— EXERCISE AIM —
Can you retype only the lines from the one with "skip_name-encode_query qname qtype" through the final line of the material, exactly as given?

START SOURCE DATA

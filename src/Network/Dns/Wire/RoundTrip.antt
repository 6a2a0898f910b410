-- ===== src/Network/Dns/Wire/RoundTrip.antt =====
-- `encode_query` against the reader of `decode_response`.
use mathlib.Core.List.{append_assoc}
use dev_browse.Prelude.{
  ℕ, zero, suc, ◌+◌, ◌/◌, ◌%◌, ◌≤◌, ◌≡◌, refl, ap, ◌∙◌, List, [], ◌∷◌, ◌++◌, none, some, ok, length,
  length-append, is_empty, arith, not, map, ltb, false,
}
use dev_browse.Prelude.Fallible.{index-append, guard_ok, bind_ok}
use dev_browse.Network.Blocklist.Rule.{lower, to_ascii_lowercase}
use dev_browse.Network.Blocklist.RadixTree.{split_dots}
use dev_browse.Network.Dns.Wire.{
  WireError, QueryType, type_code, all_name_bytes, encode_labels, encode_name, encode_query,
  query_header,
}
use dev_browse.Network.Dns.Wire.Reader.{
  Skip, again, return, read_advance, skip_label, skip_round, skip_loop, skip_name, finished,
}

length-map : (f : ℕ → ℕ) (s : List ℕ) → length (map f s) ≡ length s
length-map f [] = refl
length-map f (x ∷ s) = omega (arith, length-map f s)

length-to_ascii_lowercase : (s : List ℕ) → length (to_ascii_lowercase s) ≡ length s
unfolding to_ascii_lowercase
length-to_ascii_lowercase s = length-map lower s

-- The walk in a name, before any pointer.
abbrev reading : ℕ → ℕ → Skip
reading cursor total_len = record {
  cursor = cursor;
  hops = 0;
  after_pointer = none;
  total_len = total_len;
}

skip_round_label :
    (pre bytes post : List ℕ) (n total : ℕ)
    → length bytes ≡ n
    → 1 ≤ n
    → n ≤ 63
    → total + 1 + n ≤ 255
    → skip_round (pre ++ n ∷ (bytes ++ post)) (reading (length pre) total)
      ≡ ok (again (reading (length pre + 1 + n) (total + 1 + n)))
unfolding skip_round skip_label
skip_round_label pre bytes post n total hb h1 h63 ht = ground (
  arith,
  index-append {E = WireError} pre (bytes ++ post) n,
  length-append pre (n ∷ (bytes ++ post)),
  length-append bytes post,
)

skip_round_root :
    (pre post : List ℕ) (total : ℕ)
    → skip_round (pre ++ 0 ∷ post) (reading (length pre) total) ≡ ok (return (length pre + 1))
unfolding skip_round
skip_round_root pre post total =
    ground (arith, index-append {E = WireError} pre post 0, length-append pre (0 ∷ post))

-- A label that the encoder accepts, and what it pushes before the other labels.
record Pushed (label : List ℕ) (labels : List (List ℕ)) (total : ℕ) (out : List ℕ) : Type 0 where
  rest : List ℕ
  accepted : encode_labels labels (total + 1 + length label) ≡ ok rest
  pushed : out ≡ length label ∷ (to_ascii_lowercase label ++ rest)
  nonempty : 1 ≤ length label
  short : length label ≤ 63
  within : total + 1 + length label ≤ 255

encode_labels-Pushed :
    (label : List ℕ) (labels : List (List ℕ)) (total : ℕ) (out : List ℕ)
    → encode_labels (label ∷ labels) total ≡ ok out
    → Pushed label labels total out
unfolding encode_labels
encode_labels-Pushed label labels total out e =
    let (g1, e1) = guard_ok (is_empty label) _ _ out e in
    let (g2, e2) = guard_ok (ltb 63 (length label)) _ _ out e1 in
    let (g3, e3) = guard_ok (not (all_name_bytes label)) _ _ out e2 in
    let (g4, e4) = guard_ok (ltb 255 (total + 1 + length label)) _ _ out e3 in
    let (rest, accepted, pushed) = bind_ok _ _ out e4 in
    record {
      rest = rest;
      accepted = accepted;
      pushed = cc pushed;
      nonempty = nonempty label g1;
      short = ground arith;
      within = ground arith;
    }
  where
    nonempty : (s : List ℕ) → is_empty s ≡ false → 1 ≤ length s
    nonempty [] g = cc
    nonempty (x ∷ s) g = omega arith

no_labels : (total : ℕ) (out : List ℕ) → encode_labels [] total ≡ ok out → out ≡ []
unfolding encode_labels
no_labels total out e = cc

skip_loop_again :
    (fuel : ℕ) (buf : List ℕ) (s t : Skip)
    → skip_round buf s ≡ ok (again t)
    → skip_loop (suc fuel) buf s ≡ skip_loop fuel buf t
unfolding skip_loop
skip_loop_again fuel buf s t e = rw e refl

skip_loop-return :
    (fuel : ℕ) (buf : List ℕ) (s : Skip) (c : ℕ)
    → skip_round buf s ≡ ok (return c)
    → skip_loop (suc fuel) buf s ≡ some (ok c)
unfolding skip_loop
skip_loop-return fuel buf s c e = rw e refl

abbrev SkipRun : ℕ → List ℕ → Skip → ℕ → Type 0
SkipRun fuel buf s c = skip_loop fuel buf s ≡ some (ok c)

-- The walk over the labels that `encode_labels` pushed and the root label behind them.
skip_labels :
    (fuel total : ℕ) (labels : List (List ℕ)) (pre out post : List ℕ)
    → encode_labels labels total ≡ ok out
    → total ≤ 255
    → 256 ≤ fuel + total
    → SkipRun fuel
        (pre ++ (out ++ 0 ∷ post))
        (reading (length pre) total)
        (length pre + length out + 1)
      × (length out + total ≤ 255)
skip_labels zero total labels pre out post e h hf = absurd (omega arith)
skip_labels (suc fuel) total [] pre out post e h hf = rw (no_labels total out e) (
  skip_loop-return fuel _ _ _ (skip_round_root pre post total)
      ∙ ap (λ n. some (ok n)) (omega arith),
  omega arith,
)
skip_labels (suc fuel) total (label ∷ labels) pre out post e h hf =
    let p = encode_labels-Pushed label labels total out e in
    let name = to_ascii_lowercase label in
    let n = length label in
    let size : length name ≡ n = length-to_ascii_lowercase label in
    let here : length (pre ++ n ∷ name) ≡ length pre + 1 + n =
      omega (arith, length-append pre (n ∷ name), size) in
    let (run, fits) =
      skip_labels fuel (total + 1 + n) labels (pre ++ n ∷ name) p.rest post p.accepted p.within
        (omega (arith, p.nonempty)) in
    let round =
      skip_round_label pre name (p.rest ++ 0 ∷ post) n total size p.nonempty p.short p.within in
    let ends : length p.rest + length name + 1 ≡ length out =
      rw p.pushed (omega (arith, length-append name p.rest)) in
    let total_run : length (pre ++ n ∷ name) + length p.rest + 1 ≡ length pre + length out + 1 =
      omega (arith, here, ends, size) in
    (
      cc (
        skip_loop_again fuel _ _ _ round,
        run,
        here,
        p.pushed,
        total_run,
        append_assoc pre (n ∷ name) (p.rest ++ 0 ∷ post),
        append_assoc name p.rest (0 ∷ post),
      ),
      omega (arith, fits, ends, size),
    )

-- The question that `encode_query` writes is read back: the name ends four bytes before the end, and
-- type and class take these four, so the reader of a response is then at the end of the message.
-- The message has 272 bytes at most.
pub skip_name-encode_query :
    (qname : List ℕ) (qtype : QueryType) (q : List ℕ)
    → encode_query qname qtype ≡ ok q
    → (c : ℕ) × (skip_name q 12 ≡ ok c) × (read_advance q c 4 ≡ ok (length q)) × (length q ≤ 272)
unfolding encode_query encode_name skip_name query_header read_advance
skip_name-encode_query qname qtype q e =
    let (name, e1, e2) = bind_ok _ _ q e in
    let (g, e3) = guard_ok (is_empty qname) _ _ name e1 in
    let (out, e4, e5) = bind_ok _ _ name e3 in
    let tail : List ℕ = type_code qtype / 256 ∷ type_code qtype % 256 ∷ 0 ∷ 1 ∷ [] in
    let (run, fits) =
      skip_labels 272 0 (split_dots qname) query_header out tail e4 (omega arith) (omega arith) in
    let shape : q ≡ query_header ++ (out ++ 0 ∷ tail) =
      cc (e2, e5, append_assoc out (0 ∷ []) tail) in
    let size : length q ≡ 12 + length out + 5 =
      rw shape (omega (arith, length-append out (0 ∷ tail))) in
    (12 + length out + 1, cc (shape, ap finished run), ground arith, omega arith)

END SOURCE DATA

— SOLUTION —
skip_name-encode_query qname qtype q e =
    let (name, e1, e2) = bind_ok _ _ q e in
    let (g, e3) = guard_ok (is_empty qname) _ _ name e1 in
    let (out, e4, e5) = bind_ok _ _ name e3 in
    let tail : List ℕ = type_code qtype / 256 ∷ type_code qtype % 256 ∷ 0 ∷ 1 ∷ [] in
    let (run, fits) =
      skip_labels 272 0 (split_dots qname) query_header out tail e4 (omega arith) (omega arith) in
    let shape : q ≡ query_header ++ (out ++ 0 ∷ tail) =
      cc (e2, e5, append_assoc out (0 ∷ []) tail) in
    let size : length q ≡ 12 + length out + 5 =
      rw shape (omega (arith, length-append out (0 ∷ tail))) in
    (12 + length out + 1, cc (shape, ap finished run), ground arith, omega arith)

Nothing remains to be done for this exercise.